对视中,萧羽率先打破了沉默。
“我为什么要相信你?”
见状,舒妤又恢复了她高高在上的郡主身份,“本郡主的钱财,除了我没有人能找到,若是不信王爷可尽情地查,如果你感兴趣的话”
欲言又止之后聪明的男人已经懂了她的意思,“殿下想要什么?”
下巴突然被一根冷硬的毛笔抬起,女人惑人的脸颊上带着玩味,叫他第一次有了一种居于人下的感觉。
算不上糟糕,也绝算不上好。
“如果想通了,就把言述弄进后宫,我要天天都能看见他。
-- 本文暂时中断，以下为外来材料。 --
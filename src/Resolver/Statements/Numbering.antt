-- ===== src/Resolver/Statements/Numbering.antt =====
-- Every statement of internal/resolver/resolver.go has the placeholders $1, $2, … in this order, as
-- many as it has arguments, so that the n-th argument meets the n-th placeholder.
use mathlib.Core.List.{append-nil}
use graphpost.Prelude.{
  ℕ, ◌+◌, String, List, [], ◌∷◌, ◌++◌, Option, none, some, length, ◌≡◌, refl, ◌∙◌, count_up,
  count_up-add, length-append,
}
use graphpost.Prelude.Int.{ℤ}
use graphpost.Json.{Value, Fields, entries}
use graphpost.Resolver.Sql.{
  text, Clause, Arg, join, Built, Statement, ◌⧺◌, placeholders, all_placeholders,
  placeholders-append, placeholders-join, all_placeholders-append, IsNumbered, IsNumberedClause,
  nothing-IsNumbered, ⊕-IsNumbered, ⧺-IsNumberedClause,
}
use graphpost.Resolver.Columns.{Encoders}
use graphpost.Resolver.Where.{build_where_clause, build_where_clause-IsNumberedClause}
use graphpost.Resolver.Statements.{
  QueryParams, MutationParams, for_entries, table_ref, identifiers, keys, set_part, inc_part,
  pk_part, pk_part_of, value_part, where_text, where_part, optional_part, order_parts,
  build_order_by_clause, order_text, select_clause, build_select_query, build_count_query,
  build_insert_query, row_values, value_sets, build_batch_insert_query, assignments,
  build_update_by_pk_query, build_update_query, delete_statement, delete_by_pk_statement,
  query_by_pk_statement,
}

for_entries-IsNumbered :
    (round : String → Value → ℕ → Built)
    → ((key : String) (v : Value) (i : ℕ) → IsNumbered i (round key v i))
    → (es : List (String × Value)) (i : ℕ) → IsNumbered i (for_entries round es i)
unfolding for_entries
for_entries-IsNumbered round each [] i = nothing-IsNumbered i
for_entries-IsNumbered round each ((key, v) ∷ rest) i =
    ⊕-IsNumbered i (round key v i) _ (each key v i)
      (for_entries-IsNumbered round each rest (i + length (round key v i).1))

set_part-IsNumbered :
    (enc : Encoders) (key : String) (v : Value) (i : ℕ) → IsNumbered i (set_part enc key v i)
unfolding IsNumbered all_placeholders placeholders
set_part-IsNumbered enc key v i = refl

inc_part-IsNumbered : (key : String) (v : Value) (i : ℕ) → IsNumbered i (inc_part key v i)
unfolding IsNumbered all_placeholders placeholders
inc_part-IsNumbered key v i = refl

pk_part-IsNumbered : (key : String) (v : Value) (i : ℕ) → IsNumbered i (pk_part key v i)
unfolding IsNumbered all_placeholders placeholders
pk_part-IsNumbered key v i = refl

pk_part_of-IsNumbered :
    (table key : String) (v : Value) (i : ℕ) → IsNumbered i (pk_part_of table key v i)
unfolding IsNumbered all_placeholders placeholders
pk_part_of-IsNumbered table key v i = refl

value_part-IsNumbered :
    (enc : Encoders) (key : String) (v : Value) (i : ℕ) → IsNumbered i (value_part enc key v i)
unfolding IsNumbered all_placeholders placeholders
value_part-IsNumbered enc key v i = refl

-- Fixed words and identifiers hold no placeholder.
all_placeholders-identifiers : (names : List String) → all_placeholders (identifiers names) ≡ []
unfolding all_placeholders placeholders
all_placeholders-identifiers [] = refl
all_placeholders-identifiers (n ∷ ns) = all_placeholders-identifiers ns

all_placeholders-order_parts : (es : List (String × Value)) → all_placeholders (order_parts es) ≡ []
unfolding all_placeholders placeholders order_parts
all_placeholders-order_parts [] = refl
all_placeholders-order_parts (e ∷ es) = all_placeholders-order_parts es

all_placeholders-build_order_by_clause :
    (obs : List Fields) → all_placeholders (build_order_by_clause obs) ≡ []
unfolding build_order_by_clause
all_placeholders-build_order_by_clause [] = unfold all_placeholders in refl
all_placeholders-build_order_by_clause (ob ∷ rest) = rw (
  all_placeholders-append,
  all_placeholders-order_parts,
  all_placeholders-build_order_by_clause rest,
)

ruleset text_laws = (
  placeholders-append, placeholders-join, all_placeholders-identifiers,
  all_placeholders-build_order_by_clause, append-nil,
)

placeholders-order_text :
    (cs : List Clause) → all_placeholders cs ≡ [] → placeholders (order_text cs) ≡ []
unfolding order_text placeholders
placeholders-order_text [] h = refl
placeholders-order_text (c ∷ cs) h = placeholders-join ", " (c ∷ cs) ∙ h

placeholders-select_clause : (names : List String) → placeholders (select_clause names) ≡ []
unfolding select_clause placeholders
placeholders-select_clause [] = refl
placeholders-select_clause (n ∷ ns) = simp text_laws

pub placeholders-where_text : (c : Clause) → placeholders (where_text c) ≡ placeholders c
unfolding placeholders
placeholders-where_text [] = refl
placeholders-where_text (p ∷ ps) = refl

where_part-IsNumberedClause :
    (i : ℕ) (s : Statement) → IsNumberedClause i s → IsNumberedClause i (where_part s)
unfolding where_part IsNumberedClause placeholders
where_part-IsNumberedClause i ([], args) h = refl
where_part-IsNumberedClause i (p ∷ ps, args) h = h

optional_part-IsNumberedClause :
    (words : String) (n : Option ℤ) (i : ℕ) → IsNumberedClause i (optional_part words n i)
unfolding IsNumberedClause placeholders
optional_part-IsNumberedClause words none i = refl
optional_part-IsNumberedClause words (some n) i = refl

-- A text with no placeholder in front changes nothing.
words_in_front :
    (i : ℕ) (c : Clause) (s : Statement)
    → placeholders c ≡ []
    → IsNumberedClause i s
    → IsNumberedClause i ((c, []) ⧺ s)
unfolding IsNumberedClause
words_in_front i c s e h = rw (placeholders-append, e, h)

-- The numbers of two parts, the second of which counts on from the first.
numbers_in_turn :
    (ns ms : List ℕ) (i : ℕ) (xs ys : List Arg)
    → ns ≡ count_up i (length xs)
    → ms ≡ count_up (i + length xs) (length ys)
    → ns ++ ms ≡ count_up i (length (xs ++ ys))
numbers_in_turn ns ms i xs ys h k = rw (length-append, count_up-add, h, k)

module _ (enc : Encoders) (schema : String) where
  -- A SELECT, with any filter, order, limit and offset, holds the placeholders 1, 2, … in this
  -- order, as many as it has arguments.
  pub build_select_query-IsNumberedClause :
      (params : QueryParams) → IsNumberedClause 1 (build_select_query enc schema params)
  unfolding build_select_query
  build_select_query-IsNumberedClause params =
      let filter = where_part (build_where_clause enc params.filter 1) in
      let index = 1 + length filter.1 in
      let limit = optional_part " LIMIT " params.limit index in
      let offset = optional_part " OFFSET " params.offset (index + length limit.1) in
      let order = order_text (build_order_by_clause params.order_by) in
      words_in_front 1 _ (filter ⧺ (order, []) ⧺ limit ⧺ offset) (head_words params) (
        ⧺-IsNumberedClause 1 filter _
          (where_part-IsNumberedClause 1 _
            (build_where_clause-IsNumberedClause enc params.filter 1))
          (words_in_front index order (limit ⧺ offset)
            (placeholders-order_text _ (all_placeholders-build_order_by_clause params.order_by))
            (⧺-IsNumberedClause index limit offset
              (optional_part-IsNumberedClause " LIMIT " params.limit index)
              (optional_part-IsNumberedClause " OFFSET " params.offset _))))
    where
      head_words :
          (q : QueryParams)
          → placeholders (
              text "SELECT "
              ∷ (select_clause q.distinct_on ++ (text " FROM " ∷ table_ref schema q.table_name)))
            ≡ []
      head_words q = unfold placeholders in rw (placeholders-append, placeholders-select_clause)

  -- The same for SELECT COUNT(*),
  pub build_count_query-IsNumberedClause :
      (params : QueryParams) → IsNumberedClause 1 (build_count_query enc schema params)
  unfolding build_count_query IsNumberedClause placeholders
  build_count_query-IsNumberedClause params =
      placeholders-where_text (build_where_clause enc params.filter 1).0
      ∙ build_where_clause-IsNumberedClause enc params.filter 1

  -- for the INSERT of one object,
  pub build_insert_query-IsNumberedClause :
      (table : String) (object : Fields)
      → IsNumberedClause 1 (build_insert_query enc schema table object)
  unfolding build_insert_query IsNumberedClause placeholders
  build_insert_query-IsNumberedClause table object = simp text_laws (
      unfold IsNumbered in
      for_entries-IsNumbered (value_part enc) (value_part-IsNumbered enc) (entries object) 1)

  row_values-IsNumbered :
      (columns : List String) (object : Fields) (i : ℕ)
      → IsNumbered i (row_values enc schema columns object i)
  unfolding row_values
  row_values-IsNumbered columns object i =
      for_entries-IsNumbered (value_part enc) (value_part-IsNumbered enc) _ i

  -- A tuple of values in its brackets, as one part.
  tuple-IsNumbered :
      (i : ℕ) (b : Built)
      → IsNumbered i b
      → IsNumbered i ((text "(" ∷ (join ", " b.0 ++ (text ")" ∷ []))) ∷ [], b.1)
  unfolding IsNumbered all_placeholders placeholders
  tuple-IsNumbered i b h = simp text_laws h

  value_sets-IsNumbered :
      (columns : List String) (objects : List Fields) (i : ℕ)
      → IsNumbered i (value_sets enc schema columns objects i)
  unfolding value_sets
  value_sets-IsNumbered columns [] i = nothing-IsNumbered i
  value_sets-IsNumbered columns (object ∷ rest) i =
      let row = row_values enc schema columns object i in
      ⊕-IsNumbered i ((text "(" ∷ (join ", " row.0 ++ (text ")" ∷ []))) ∷ [], row.1) _
        (tuple-IsNumbered i row (row_values-IsNumbered columns object i))
        (value_sets-IsNumbered columns rest (i + length row.1))

  -- An INSERT of many objects holds the placeholders 1, 2, … in this order, as many as it has
  -- arguments.
  pub build_batch_insert_query-IsNumberedClause :
      (table : String) (objects : List Fields)
      → IsNumberedClause 1 (build_batch_insert_query enc schema table objects)
  unfolding build_batch_insert_query IsNumberedClause IsNumbered placeholders
  build_batch_insert_query-IsNumberedClause table [] = refl
  build_batch_insert_query-IsNumberedClause table (first ∷ rest) =
      simp text_laws (value_sets-IsNumbered (keys first) (first ∷ rest) 1)

  assignments-IsNumbered : (params : MutationParams) → IsNumbered 1 (assignments enc schema params)
  unfolding assignments
  assignments-IsNumbered params =
      ⊕-IsNumbered 1 _ _
        (for_entries-IsNumbered (set_part enc) (set_part-IsNumbered enc) (entries params.set_values)
          1)
        (for_entries-IsNumbered inc_part inc_part-IsNumbered (entries params.inc_values) _)

  -- An UPDATE by primary key holds the placeholders 1, 2, … in this order, as many as it has
  -- arguments.
  pub build_update_by_pk_query-IsNumberedClause :
      (params : MutationParams) → IsNumberedClause 1 (build_update_by_pk_query enc schema params)
  unfolding build_update_by_pk_query IsNumberedClause IsNumbered placeholders
  build_update_by_pk_query-IsNumberedClause params =
      let sets = assignments enc schema params in
      simp text_laws (
        numbers_in_turn (all_placeholders sets.0) _ 1 sets.1 _ (assignments-IsNumbered params)
          (for_entries-IsNumbered pk_part pk_part-IsNumbered (entries params.pk_columns) _))

  -- An UPDATE with `_set`, `_inc` and a filter holds the placeholders 1, 2, … in this order, as many
  -- as it has arguments.
  pub build_update_query-IsNumberedClause :
      (params : MutationParams) → IsNumberedClause 1 (build_update_query enc schema params)
  unfolding build_update_query IsNumberedClause IsNumbered placeholders
  build_update_query-IsNumberedClause params =
      let sets = assignments enc schema params in
      simp text_laws (
        numbers_in_turn (all_placeholders sets.0) _ 1 sets.1 _ (assignments-IsNumbered params) (
          where_part-IsNumberedClause _ _
            (build_where_clause-IsNumberedClause enc params.filter _)))

  -- for DELETE with a filter,
  pub delete_statement-IsNumberedClause :
      (params : MutationParams) → IsNumberedClause 1 (delete_statement enc schema params)
  unfolding delete_statement IsNumberedClause placeholders
  delete_statement-IsNumberedClause params =
      simp (text_laws, placeholders-where_text)
        (build_where_clause-IsNumberedClause enc params.filter 1)

-- for DELETE and SELECT by primary key.
pub delete_by_pk_statement-IsNumberedClause :
    (schema table : String) (pk_values : Fields)
    → IsNumberedClause 1 (delete_by_pk_statement schema table pk_values)
unfolding delete_by_pk_statement IsNumberedClause IsNumbered placeholders
delete_by_pk_statement-IsNumberedClause schema table pk_values =
    simp text_laws (for_entries-IsNumbered pk_part pk_part-IsNumbered (entries pk_values) 1)

pub query_by_pk_statement-IsNumberedClause :
    (schema table : String) (pk_values : Fields)
    → IsNumberedClause 1 (query_by_pk_statement schema table pk_values)
unfolding query_by_pk_statement IsNumberedClause IsNumbered placeholders
query_by_pk_statement-IsNumberedClause schema table pk_values =
    simp text_laws (
      for_entries-IsNumbered (pk_part_of table) (pk_part_of-IsNumbered table) (entries pk_values) 1)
”
为了男人?
下巴上的毛笔已经离开,女人此刻已好奇地开始打量他的书房布置,待她目光锁定西侧书架久久不动时萧羽也愣了愣。
那是他屋子里的机关所在。
舒妤还真是和他的调查结果完全不同,这叫他难得有了些对某事失去掌控的焦虑感。
“不过,作为一根绳子上的蚂蚱,王爷帮个小忙总可以吧。”
女人终于收回视线,可他的心情依旧没好到哪里去,开口难免语气有些不好,“什么?”
“裴子贤今儿个叫我不开心了,相信王爷想让他日子过得艰难些应当不是什么难事吧。”
自负,目中无人,又记仇。
萧羽默默在心里给舒妤做着崭新的定义。
舒妤离开了,谁送都不如她自己安全。